▶ [WORK ITEM]: From the entries, copy out every line in which the word "Settling" is found.

▶ [INPUT]:
════════

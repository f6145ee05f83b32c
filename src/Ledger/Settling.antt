-- ===== src/Ledger/Settling.antt =====
-- A run that claimed a scope can settle it, whatever other runs did in between.
use bagelquant_data.Prelude.{
  ℕ, ◌≡◌, ◌≢◌, refl, ap, ◌∙◌, Bool, true, false, inl, inr, none, List, [], ◌∷◌, map, arith, ◌==◌,
  if◌then◌else◌, filter, any, length, All, Bool-cases, ==→eq, &&-true, Option, none,
}
use bagelquant_data.Ledger.Data.{
  Status, is_running, is_outcome, equals, Scope, Ledger, ok, for_each,
}
use bagelquant_data.Ledger.Scopes.{contains, claimable, claimed, claim_update_scopes}
use bagelquant_data.Ledger.Outcomes.{
  upsert_check, Outcome, held, settled, keep_check, transition, count_success,
  transition_update_scopes, update_held,
}
use bagelquant_data.Ledger.Rows.{DistinctIds}
use bagelquant_data.Ledger.Steps.{Step, Reachable}
use bagelquant_data.Ledger.Invariant.{Step-IsValid, Reachable-IsValid}
use bagelquant_data.Ledger.Claims.{Claimed, running_for, taken_ids, same_id, other_head}
use bagelquant_data.Ledger.Interference.{OtherSteps, Kept, OtherSteps-Kept}

has_id : ℕ → List Scope → Bool
has_id id ss = any (λ s. s.id == id) ss

taken_has_id :
    (p : Scope → Bool) (id : ℕ) (ss : List Scope)
    → contains (taken_ids p ss) id ≡ true
    → has_id id ss ≡ true
unfolding has_id
taken_has_id p id [] h = h
taken_has_id p id (s ∷ ss) h = elim (Bool-cases (p s)) [
  | inl e ↦ ground (arith, taken_has_id p id ss, rw e at h)
  | inr e ↦ ground (arith, taken_has_id p id ss (rw e at h))
]

Claimed-taken :
    (now run id : ℕ) (taken : List ℕ) (ss : List Scope)
    → contains taken id ≡ true
    → has_id id ss ≡ true
    → Claimed id run (map (λ s. if contains taken s.id then claimed now run s else s) ss)
unfolding has_id
Claimed-taken now run id taken [] t h = h
Claimed-taken now run id taken (s ∷ ss) t h = elim (Bool-cases (s.id == id)) [
  | inl same ↦ rw (ap (contains taken) (==→eq s.id id same) ∙ t) (ground arith)
  | inr apart ↦ ground (arith, Claimed-taken now run id taken ss t (rw apart at h))
]

-- A claim leaves each scope that it returns running for the run.
pub claim-Claimed_self :
    (now : ℕ) (ids : List ℕ) (run id : ℕ) (l : Ledger)
    → contains (claim_update_scopes now ids run l).1 id ≡ true
    → Claimed id run (claim_update_scopes now ids run l).0.scopes
unfolding claim_update_scopes
claim-Claimed_self now ids run id l h =
    Claimed-taken now run id (taken_ids (claimable ids) l.scopes) l.scopes h
      (taken_has_id (claimable ids) id l.scopes h)

none_held :
    (id run : ℕ) (ss : List Scope) → All (λ u. u.id ≢ id) ss → length (filter (held id run) ss) ≡ 0
none_held id run [] h = refl
none_held id run (s ∷ ss) h = ground (arith, none_held id run ss h.1)

-- Exactly one row is held.
one_held :
    (id run : ℕ) (ss : List Scope)
    → DistinctIds ss
    → Claimed id run ss
    → length (filter (held id run) ss) ≡ 1
one_held id run [] d c = cc
one_held id run (s ∷ ss) d c = elim (Bool-cases (running_for id run s)) [
  | inl here ↦ ground (arith, none_held id run ss (rw (same_id s id run here) at d.0))
  | inr elsewhere ↦
      let rest : Claimed id run ss = rw elsewhere at c in
      ground (arith, other_head s.id id run ss d.0 rest, one_held id run ss d.1 rest)
]

-- The status and the holder of each row of that id.
abbrev pub outcomes_of : ℕ → List Scope → List (Status × Option ℕ)
outcomes_of id ss = map (λ s. (s.status, s.active_run_id)) (filter (λ s. s.id == id) ss)

other_id : (id : ℕ) (s : Scope) → s.id ≢ id → (s.id == id) ≡ false
other_id id s ne = ground (arith, ne)

no_outcomes :
    (now id run : ℕ) (o : Outcome) (ss : List Scope)
    → All (λ u. u.id ≢ id) ss
    → outcomes_of id (map (λ s. if held id run s then settled now run o s else s) ss) ≡ []
no_outcomes now id run o [] h = refl
no_outcomes now id run o (s ∷ ss) h =
    let e = other_id id s h.0 in rw e (rw e (no_outcomes now id run o ss h.1))

settled_rows :
    (now id run : ℕ) (o : Outcome) (ss : List Scope)
    → DistinctIds ss
    → Claimed id run ss
    → outcomes_of id (map (λ s. if held id run s then settled now run o s else s) ss)
      ≡ (o.status, none) ∷ []
settled_rows now id run o [] d c = cc
settled_rows now id run o (s ∷ ss) d c = elim (Bool-cases (running_for id run s)) [
  | inl here ↦
      let is_held = (&&-true (held id run s) (is_running s.status) here).0 in
      rw is_held (
        rw (&&-true (s.id == id) (equals s.active_run_id run) is_held).0 (
          ap (◌∷◌ (o.status, none))
            (no_outcomes now id run o ss (rw (same_id s id run here) at d.0))))
  | inr elsewhere ↦
      let rest : Claimed id run ss = rw elsewhere at c in
      let e = other_id id s (other_head s.id id run ss d.0 rest) in
      rw e (rw e (settled_rows now id run o ss d.1 rest))
]

module _ (now run : ℕ) (o : Outcome) (l : Ledger) where
  -- The tables after the one transition.
  after : Ledger
  after =
      keep_check now o o.provider_checked_through (update_held o.scope_id run (settled now run o) l)

  transition_returns :
      is_outcome o.status ≡ true
      → length (filter (held o.scope_id run) l.scopes) ≡ 1
      → transition now run l o ≡ ok after
  unfolding transition after
  transition_returns outcome one = rw (outcome, one, transition) refl

  scopes-after : after.scopes ≡ (update_held o.scope_id run (settled now run o) l).scopes
  unfolding after upsert_check
  scopes-after = ground arith

scopes-count_success :
    (os : List Outcome) (run committed : ℕ) (l : Ledger)
    → (count_success os run committed l).scopes ≡ l.scopes
scopes-count_success os run committed l = ground arith

-- Once run `run` has claimed scope `id`, then after any claims, resets and clean-ups by anybody, and any
-- settlements by other runs, the run can settle the scope by any outcome: the transition returns, and
-- leaves one scope of that id, with the outcome's status and without a holder.
pub claim_lasts :
    {l l' : Ledger} (now : ℕ) (ids : List ℕ) (run id : ℕ)
    → Reachable l
    → contains (claim_update_scopes now ids run l).1 id ≡ true
    → OtherSteps run (claim_update_scopes now ids run l).0 l'
    → (now' committed : ℕ) (o : Outcome) → o.scope_id ≡ id
    → is_outcome o.status ≡ true
    → (l'' : Ledger) × (transition_update_scopes now' (o ∷ []) run committed l' ≡ ok l'')
      × (outcomes_of id l''.scopes ≡ (o.status, none) ∷ [])
unfolding transition_update_scopes
claim_lasts {l} {l'} now ids run id r c steps now' committed o same outcome = (
  count_success (o ∷ []) run committed (after now' run o l'),
  rw (transition_returns now' run o l' outcome (rw same one), for_each) refl,
  rw
      (
        scopes-count_success (o ∷ []) run committed (after now' run o l'),
        scopes-after now' run o l',
        same,
      )
      (settled_rows now' id run o l'.scopes kept.rows.distinct kept.claimed_row),
)
  where
    kept : Kept id run l'.next_id l'.scopes
    kept = OtherSteps-Kept id run steps (record {
      rows = Step-IsValid (Step.claim now ids run l) (Reachable-IsValid r);
      claimed_row = claim-Claimed_self now ids run id l c;
    })

    one : length (filter (held id run) l'.scopes) ≡ 1
    one = one_held id run l'.scopes kept.rows.distinct kept.claimed_row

════════

▶ [RESPONSE TO THIS TASK]:
filename src/Ledger/Settling.antt
-- ===== src/Ledger/Settling.antt =====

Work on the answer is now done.